Elizabeth W. Easton, director and co-founder of the CCL, reflected on week one of the Seminar by noting: “The students are keenly observant and sophisticated; they are asking probing questions, tweeting around the globe, crossing and uprooting historically entrenched boundaries. It’s thrilling to consider how they will transform the field. They are also stimulating the CCL to think of this program as the beginning of new paths in curatorial practice.”

The program incorporates the voices of experts from every corner of the field; museum sessions are taught by curators, conservators, registrars, educators, and trustees, among others.
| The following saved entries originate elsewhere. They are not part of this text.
-- ===== src/Zoom/Seeking.antt =====
-- Seeking in kv8zoom/ZoomBridge.cpp: the message of a client and the tick that takes it up.
use kv8_metrics.Zoom.Silence.{frames}
use kv8_metrics.Zoom.Playback.{ticks, ticks-Silent}
use kv8_metrics.Prelude.{
  ℕ, zero, suc, ◌+◌, ◌*◌, ◌/◌, ◌<◌, ◌≤◌, ◌∙◌, arith, ◌++◌, ◌≡◌, refl, sym, ap, subst, Bool, true,
  false, not, ltb, List, none, some, [], ◌∷◌, if◌then◌else◌,
}
use kv8_metrics.Prelude.Int.{ℤ}
use kv8_metrics.Registry.{SessionMeta, is_empty}
use kv8_metrics.Zoom.Bridge.{Broadcast, Subscription, Bridge}
use kv8_metrics.Zoom.Timer.{World, Tick, process_seek, on_timer}
use kv8_metrics.Zoom.Clients.{ClientMessage, on_client_message}
use kv8_metrics.Zoom.Catalog.{seek_subscription}

-- The bridge after the tick that takes a seek up.
record Sought {F : Type 0} (w : World F) (ts : ℤ) (b b' : Bridge F) : Type 0 where
  reads_from : b'.subscriptions ≡ b.subscriptions ++ seek_subscription b.active_meta ts ∷ []
  default_decim : b'.decim ≡ w.new_decim
  same_playback : b'.paused ≡ b.paused
  quiet : b'.sent ≡ b.sent
  served : b'.pending_seek_ts ≡ none
  same_switch : b'.pending_session_id ≡ b.pending_session_id
  same_pause : b'.pending_pause ≡ b.pending_pause

holds-else :
    {A : Type 0} (P : A → Type 0) (x : A) {y : A} (t : Bool)
    → t ≡ false
    → P y
    → P (if t then x else y)
holds-else P x {y} t e p = subst (λ s. P (if s then x else y)) (sym e) p

seek-Sought :
    {F : Type 0} (w : World F) (t : Tick) (z ts : ℤ) (b : Bridge F)
    → b.pending_session_id ≡ []
    → is_empty b.active_session_id ≡ false
    → Sought w ts b (
        on_timer w t (
          on_client_message
            (ClientMessage.seek (some ts))
            (on_client_message (ClientMessage.camera (some z)) b)))
unfolding on_timer process_seek on_client_message is_empty
seek-Sought w t z ts b none_asked active =
    holds-else (Sought w ts b) _ (not (is_empty b.pending_session_id))
      (ap (λ s. not (is_empty s)) none_asked)
      (holds-else (Sought w ts b) _ (is_empty b.active_session_id) active (record {
        reads_from = refl;
        default_decim = refl;
        same_playback = refl;
        quiet = refl;
        served = refl;
        same_switch = refl;
        same_pause = refl;
      }))

-- Where a session is read from for a time in microseconds: from its start for a time that is not positive, and
-- else from the millisecond that the time falls into.
pub data StartsAt (meta : SessionMeta) : ℤ → Subscription → Type 0 where
  no_time : StartsAt meta (ℤ.pos 0) (Subscription.from_start meta)
  before_all : {n : ℕ} → StartsAt meta (ℤ.negsuc n) (Subscription.from_start meta)
  within :
      {n ms : ℕ}
      → 0 < n
      → ms * 1000 ≤ n
      → n < ms * 1000 + 1000
      → StartsAt meta (ℤ.pos n) (Subscription.from_ms meta (ℤ.pos ms))

after_start :
    (meta : SessionMeta) (n : ℕ)
    → 0 < n
    → seek_subscription meta (ℤ.pos n) ≡ Subscription.from_ms meta (ℤ.pos (n / 1000))
unfolding seek_subscription
after_start meta n h =
    ap
      (λ t.
        if t then Subscription.from_ms meta (ℤ.pos (n / 1000)) else Subscription.from_start meta)
      {x = ltb 0 n} {y = true} (ground (arith, h))

seek_subscription-StartsAt :
    (meta : SessionMeta) (ts : ℤ) → StartsAt meta ts (seek_subscription meta ts)
unfolding seek_subscription
seek_subscription-StartsAt meta (ℤ.pos zero) = StartsAt.no_time
seek_subscription-StartsAt meta (ℤ.pos (suc n)) =
    subst (StartsAt meta (ℤ.pos (suc n))) (sym (after_start meta (suc n) (omega arith)))
      (StartsAt.within {n = suc n} {ms = suc n / 1000} (omega arith) (omega arith) (omega arith))
seek_subscription-StartsAt meta (ℤ.negsuc n) = StartsAt.before_all

-- What a seek has done, some ticks later.
pub record PausedSeek {F : Type 0} (w : World F) (ts : ℤ) (b b' : Bridge F) : Type 0 where
  pub read_from : Subscription
  pub starts : StartsAt b.active_meta ts read_from
  pub subscribed : b'.subscriptions ≡ b.subscriptions ++ read_from ∷ []
  pub pushed : List Broadcast
  pub queued : b'.sent ≡ b.sent ++ pushed
  pub no_frames : frames pushed ≡ 0
  pub default_decim : b'.decim ≡ w.new_decim
  pub still_paused : b'.paused ≡ true

-- While the playback of an active session is paused, and no switch and no change of the pause waits: a client sets its
-- zoom and then seeks. After any number of ticks, at least one, whatever the rings hold in them, the active session has been
-- subscribed to once, from the millisecond that the time falls into, or from its start for a time that is not
-- positive; no frame has been passed on, the playback is still paused, and the controller is a new
-- one: the zoom that the client has set is forgotten.
pub seek-PausedSeek :
    {F : Type 0} (w : World F) (t : Tick) (more : List Tick) (z ts : ℤ) (b : Bridge F)
    → b.pending_session_id ≡ []
    → is_empty b.active_session_id ≡ false
    → b.paused ≡ true
    → b.pending_pause ≡ none
    → PausedSeek w ts b (
        ticks w (t ∷ more) (
          on_client_message
            (ClientMessage.seek (some ts))
            (on_client_message (ClientMessage.camera (some z)) b)))
unfolding ticks
seek-PausedSeek w t more z ts b none_asked active still untoggled =
    let q = seek-Sought w t z ts b none_asked active in
    let r = ticks-Silent w more (record {
      is_paused = q.same_playback ∙ still;
      no_switch = q.same_switch ∙ none_asked;
      no_seek = q.served;
      no_toggle = q.same_pause ∙ untoggled;
    }) in
    record {
      read_from = seek_subscription b.active_meta ts;
      starts = seek_subscription-StartsAt b.active_meta ts;
      subscribed = r.same_subscriptions ∙ q.reads_from;
      pushed = r.pushed;
      queued = r.queued ∙ ap (λ s. s ++ r.pushed) q.quiet;
      no_frames = r.no_frames;
      default_decim = r.same_decim ∙ q.default_decim;
      still_paused = r.paused.is_paused;
    }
The cohort is traveling to institutions large and small, specialized and encyclopedic, in order to understand the landscape of museums across the city, the differences in program, and the nuances in mission.

Over the course of the two weeks, the students will learn from specialists at the Metropolitan Museum of Art, Brooklyn Museum, The Museum of Modern Art, The Morgan Library & Museum, Solomon R. Guggenheim Museum, and the Studio Museum in Harlem. Week one of the Seminar will cover the care of the permanent collection; Week two, the mounting of special exhibitions.

Sessions will also take place outside institutional walls; during week one, students met with the artist Kara Walker and Anne Pasternak, president and artistic director of Creative Time, in Walker’s groundbreaking installation, “A Subtlety,” at the Domino Sugar Factory. Additionally, the group traveled to Philadelphia to visit the Barnes Foundation and met with CCL alumna, Judith Dolkart, deputy director of Art and Archival Collections and Gund Family Chief Curator.

Through classes led by two professors from Columbia Business School, students were exposed to fundamental business principles in order to expand their understanding of organizational models, strategies of negotiation, and decision making.

Participants were also assigned a team project that challenges them to consider real-world issues in four New York museums: The Jewish Museum, The Asia Society, The Rubin Museum of Art, and the Museum of the City of New York. The students will focus, among other things, on the visitor experience, and how mission, program, and messages are calibrated.

Based on the CCL model, and in order to bolster career preparation, each student has been matched with a senior curator in the field for several mentoring sessions.

Mariët Westermann, Vice-President of the Andrew W. Mellon Foundation, remarked on the significance of this pilot program: “The new CCL Program addresses one of the Foundation’s abiding concerns. By giving some of the nation’s most outstanding doctoral students in art history intensive exposure to the challenges and pleasures of curatorial work, the program can help transform the relationship between the worlds of the academy and the museum.”

 

Contact:
Hannah Howe
Center for Curatorial Leadership
646.405.8065
hannah.howe@artcurators.org 

Documents

Press Release - CCL Announces 2014 CCL/Mellon Foundation Seminar Students (download)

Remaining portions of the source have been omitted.